В Лейпциге — студенты как школьники, их муштруют, делают выговоры за громкий разговор; но на экзамене — обратно, равный с равным.
У нас — наоборот: в коридоре студент профессора «хлопает по животу», а на экзамене — как школьник, трусит, заискивает.
Эти первые в России впечатления (университетской жизни) отвадили Терещенко от России, сразу заставили усумниться в «способностях русского народа» (разговор наш зашел по поводу «обвинительного акта» Боброва — у Ремизова и разговора с Л. Андреевым, который хвастался: «Придут, бывало, семь пьяных приятелей в публичный дом, и вдруг откуда ни возьмись — разговор на самую душевную и серьезную тему»). Я, говорит Терещенко, предпочитаю славянофильство. Всего противнее и дальше — «интеллигентство» (эпигонское — КЯ). Старообрядцы, Москва, П. Рябушинский заставили Терещенку верить в скрытые силы русского народа.
О стихах. Брюсов, говорит, «не поэт» (первое впечатление от «Зеркала теней»). Бальмонта не знает. Вяч. Иванова не знает.
При этом — милое это лицо. М. И. Терещенко, для которого «мир внутри него», — взрывает во мне ключи, которые подтверждают мне, что есть мировые связи, большие, чем я. В нем спит религия.
Все это я пишу, а каково близкое? Все время пронзает мысль о том, где, как она. В ней — моя связь с миром, утверждение несказанности мира. Если есть несказанное, — я согласен на многое, на все. Если нет, прервется, обманет, забудется, — нет, я «не согласен», «почтительнейше возвращаю билет».
Сегодня вечером — десятая годовщина.
День языка — двенадцать часов подряд. Мама и тетя завтракают, Ивойлов обедает, вечером — у мамы — Ася Лозинская с матерью и мужем. Измученность.

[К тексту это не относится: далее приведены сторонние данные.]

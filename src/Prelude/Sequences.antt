-- ===== src/Prelude/Sequences.antt =====
-- Python's slices, comprehensions with `if`, `sorted(set(...))` and sums, over the native numbers.
use Prim.Native.Nat.{ℕ, zero, suc, ◌+◌}
use mathlib.Core.Bool.{Bool, true, false, ◌&&◌}
use mathlib.Core.List.{List, [], ◌∷◌}
use zerocool.Prelude.Tests.{if◌then◌else◌, ltb, ◌==◌, nat_eq}

module _ {ℓ} {A : Type ℓ} where
  -- `xs[:n]`
  unfoldable pub take : ℕ → List A → List A
  take zero xs = []
  take (suc n) [] = []
  take (suc n) (x ∷ xs) = x ∷ take n xs

  -- `xs[n:]`
  unfoldable pub drop : ℕ → List A → List A
  drop zero xs = xs
  drop (suc n) [] = []
  drop (suc n) (x ∷ xs) = drop n xs

  -- `[x for x in xs if keep(x)]`
  unfoldable pub filter : (A → Bool) → List A → List A
  filter keep [] = []
  filter keep (x ∷ xs) = let rest = filter keep xs in if keep x then x ∷ rest else rest

  -- `sum(f(x) for x in xs)`
  unfoldable pub sum_of : (A → ℕ) → List A → ℕ
  sum_of f [] = 0
  sum_of f (x ∷ xs) = f x + sum_of f xs

  -- `all(f(x) for x in xs)`
  unfoldable pub all : (A → Bool) → List A → Bool
  all f [] = true
  all f (x ∷ xs) = f x && all f xs

  -- `xs == ys`, by a test on the elements
  unfoldable pub same_list : (A → A → Bool) → List A → List A → Bool
  same_list same [] [] = true
  same_list same (x ∷ xs) (y ∷ ys) = same x y && same_list same xs ys
  same_list same _ _ = false

-- a number in a rising list, once
unfoldable pub insert_number : ℕ → List ℕ → List ℕ
insert_number n [] = n ∷ []
insert_number n (x ∷ xs) =
    let rest = insert_number n xs in
    if n == x then x ∷ xs else if ltb n x then n ∷ x ∷ xs else x ∷ rest

-- `sorted(set(xs))`
unfoldable pub sorted_set : List ℕ → List ℕ
sorted_set [] = []
sorted_set (x ∷ xs) = insert_number x (sorted_set xs)

-- `xs == ys` for lists of numbers
abbrev pub same_numbers : List ℕ → List ℕ → Bool
same_numbers = same_list (λ n m. n == m)
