-- ===== src/Dict.antt =====
-- Python's `dict` and `OrderedDict`: entries in order of insertion, one for each key.
use zerocool.Prelude.{
  ◌+◌, ◌≡◌, refl, Bool, true, false, ◌||◌, Option, none, some, List, [], ◌∷◌, ◌++◌, arith, Eq, ◌==◌,
  if◌then◌else◌, length, is_some, Result, ok, raise, key_error,
}

abbrev pub Dict {ℓ κ} : Type ℓ → Type κ → Type (ℓ ⊔ κ)
Dict K V = List (K × V)

-- `d.popitem(last=False)`: the oldest entry, and the rest
unfoldable pub pop_first {ℓ κ} : {K : Type ℓ} {V : Type κ} → Dict K V → Result ((K × V) × Dict K V)
pop_first [] = raise key_error
pop_first (entry ∷ d) = ok (entry, d)

module _ {ℓ κ} {K : Type ℓ} {V : Type κ} ⦃e : Eq K⦄ where
  -- `d.get(k)`
  unfoldable pub get : K → Dict K V → Option V
  get k [] = none
  get k ((j, v) ∷ d) = if j == k then some v else get k d

  -- `d[k] = v`: in place where the key stands, at the end where it is new
  unfoldable pub put : K → V → Dict K V → Dict K V
  put k v [] = (k, v) ∷ []
  put k v ((j, w) ∷ d) = if j == k then (k, v) ∷ d else (j, w) ∷ put k v d

  -- `d.pop(k, None)`
  unfoldable pub remove : K → Dict K V → Dict K V
  remove k [] = []
  remove k ((j, v) ∷ d) = let rest = remove k d in if j == k then rest else (j, v) ∷ rest

  -- `k in d`
  unfoldable pub contains : K → Dict K V → Bool
  contains k [] = false
  contains k ((j, v) ∷ d) = j == k || contains k d

  -- `del d[k]`
  unfoldable pub delete : K → Dict K V → Result (Dict K V)
  unfolding contains remove
  delete k d = if contains k d then ok (remove k d) else raise key_error

  -- `d[k]`
  unfoldable pub lookup_item : K → Dict K V → Result V
  lookup_item k d = elim (get k d) [ none ↦ raise key_error | some v ↦ ok v ]

  -- `d.move_to_end(k)`
  unfoldable pub move_to_end : K → Dict K V → Result (Dict K V)
  move_to_end k d = elim (get k d) [ none ↦ raise key_error | some v ↦ ok (put k v (remove k d)) ]

  pub contains-get : (k : K) (d : Dict K V) → contains k d ≡ is_some (get k d)
  unfolding get contains
  contains-get k [] = refl
  contains-get k ((j, v) ∷ d) = ground (arith, contains-get k d)

  pub delete_present :
      (k : K) (v : V) (d : Dict K V) → get k d ≡ some v → delete k d ≡ ok (remove k d)
  delete_present k v d h = unfold delete in ground (arith, contains-get k d)

  pub get-put :
      (k j : K) (v : V) (d : Dict K V) → get j (put k v d) ≡ (if k == j then some v else get j d)
  unfolding get put
  get-put k j v [] = refl
  get-put k j v ((i, w) ∷ d) =
      ground (arith, e.equal_iff k j, e.equal_iff i k, e.equal_iff i j, get-put k j v d)

  pub get-remove :
      (k j : K) (d : Dict K V) → get j (remove k d) ≡ (if k == j then none else get j d)
  unfolding get remove
  get-remove k j [] = ground arith
  get-remove k j ((i, w) ∷ d) =
      ground (arith, e.equal_iff k j, e.equal_iff i k, e.equal_iff i j, get-remove k j d)

  pub contains-put :
      (k j : K) (v : V) (d : Dict K V) → contains j (put k v d) ≡ (k == j || contains j d)
  unfolding contains put
  contains-put k j v [] = refl
  contains-put k j v ((i, w) ∷ d) =
      ground (arith, e.equal_iff k j, e.equal_iff i k, e.equal_iff i j, contains-put k j v d)

  pub contains-remove :
      (k j : K) (d : Dict K V) → contains j (remove k d) ≡ (if k == j then false else contains j d)
  unfolding contains remove
  contains-remove k j [] = ground arith
  contains-remove k j ((i, w) ∷ d) =
      ground (arith, e.equal_iff k j, e.equal_iff i k, e.equal_iff i j, contains-remove k j d)

  -- no key stands twice
  abbrev pub IsDistinct : Dict K V → Type 0
  IsDistinct [] = Unit
  IsDistinct ((j, v) ∷ d) = (contains j d ≡ false) × IsDistinct d

  pub put-IsDistinct : (k : K) (v : V) (d : Dict K V) → IsDistinct d → IsDistinct (put k v d)
  unfolding contains put
  put-IsDistinct k v [] h = (refl, tt)
  put-IsDistinct k v ((i, w) ∷ d) h =
      ground
        (arith, e.equal_iff i k, e.equal_iff k i, contains-put k i v d, put-IsDistinct k v d h.1)

  pub remove-IsDistinct : (k : K) (d : Dict K V) → IsDistinct d → IsDistinct (remove k d)
  unfolding remove
  remove-IsDistinct k [] h = tt
  remove-IsDistinct k ((i, w) ∷ d) h =
      ground (arith, contains-remove k i d, remove-IsDistinct k d h.1)

  pub remove_absent : (k : K) (d : Dict K V) → contains k d ≡ false → remove k d ≡ d
  unfolding remove contains
  remove_absent k [] h = refl
  remove_absent k ((i, w) ∷ d) h = ground (arith, remove_absent k d)

  pub length-remove :
      (k : K) (d : Dict K V)
      → IsDistinct d
      → contains k d ≡ true
      → length (remove k d) + 1 ≡ length d
  unfolding remove contains
  length-remove k [] h c = cc
  length-remove k ((i, w) ∷ d) h c =
      ground (arith, e.equal_iff i k, length-remove k d h.1, remove_absent k d)

  pub length-put_new :
      (k : K) (v : V) (d : Dict K V) → contains k d ≡ false → length (put k v d) ≡ length d + 1
  unfolding put contains
  length-put_new k v [] h = omega arith
  length-put_new k v ((i, w) ∷ d) h = ground (arith, length-put_new k v d)

  pub length-put_old :
      (k : K) (v : V) (d : Dict K V) → contains k d ≡ true → length (put k v d) ≡ length d
  unfolding put contains
  length-put_old k v [] h = cc
  length-put_old k v ((i, w) ∷ d) h = ground (arith, length-put_old k v d)

  pub delete-contains : (k : K) (d : Dict K V) → contains k d ≡ true → delete k d ≡ ok (remove k d)
  unfolding delete
  delete-contains k d h = rw h

  pub move_to_end_present :
      (k : K) (v : V) (d : Dict K V)
      → get k d ≡ some v
      → move_to_end k d ≡ ok (put k v (remove k d))
  unfolding move_to_end
  move_to_end_present k v d h = rw (h, move_to_end)

  pub contains-remove_self : (k : K) (d : Dict K V) → contains k (remove k d) ≡ false
  contains-remove_self k d = ground (arith, contains-remove k k d, e.equal_iff k k)

  pub contains-touch :
      (k j : K) (v : V) (d : Dict K V)
      → contains j (put k v (remove k d)) ≡ (k == j || contains j d)
  contains-touch k j v d = ground (arith, contains-put k j v (remove k d), contains-remove k j d)

  pub length-touch :
      (k : K) (v : V) (d : Dict K V)
      → IsDistinct d
      → contains k d ≡ true
      → length (put k v (remove k d)) ≡ length d
  length-touch k v d h c =
      omega
        (arith, length-put_new k v (remove k d) (contains-remove_self k d), length-remove k d h c)

  pub put_new : (k : K) (v : V) (d : Dict K V) → contains k d ≡ false → put k v d ≡ d ++ (k, v) ∷ []
  unfolding put contains
  put_new k v [] h = refl
  put_new k v ((i, w) ∷ d) h = ground (arith, put_new k v d)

Утро. В газете — Мережковские продолжают высказываться о пьесе Сологуба на Александринке. Статья Дмитрия Сергеевича — большой силы.
Вчера с мамой и тетей —
Княжнин. Интеллигентская «совесть». «Да, я эгоист». Аничков не платит денег, но «честный человек». Разоблачения: Ремизов и Пяст будто против него при ссоре с Аничковым — за «сильного» Аничкова. Щеголевское издание Пестеля… Неверие в Терещенку. Затравлен, запуган. Глаза — косят, алые. Тревожит меня — и хорошо, и плохо.
М-me Бражникова — ужасно грязная полька…
Боже мой!
Если бы Люба когда-нибудь в жизни могла мне сопутствовать, делить со мной эту сложную и богатую жизнь, входить в ее интересы. Что она теперь, где, — за тридевять земель. Мучит, разрывает,
Василий Менделеев вчера шепелявил по телефону, сегодня прислал письмо для пересылки ей, а я не знаю ее адреса даже.
Пишу длинно Ивойлову и отвечаю коротко и ясно г. Бенштейну. — Днем Пяст звонил по телефону, у него что-то важное случилось — несчастье — жена, завтра будет у меня обедать. Потом — Женя говорил, хотел вечером прийти с Ге, отложили до будущей недели. Потом — я понял окончательно, что Рыцарь- Грядущее должен быть переделан. — Пока я обедал, приехали Терещенко и Ремизов, мы катались — покупали в Гостином дворе подставку для лампадки (Алексею Михайловичу), потом — на Стрелку. Потом меня отвезли домой, но я опять ушел.
Милая, когда ты приедешь, какая будешь, как жизнь пойдет? Господь с тобой.
Утром зашла мама. Ей — развитие нового типа Рыцаря-Грядущее. Гулянье по островам. Талый восторг. Обедает В. А. Пяст, рассказал сначала об истории с женой, хочет брать детей, кажется, это надо. Потом — долгий разговор о «важном».
Ее комнаты пустые — каждый вечер захожу туда. Холодно, но остался запах.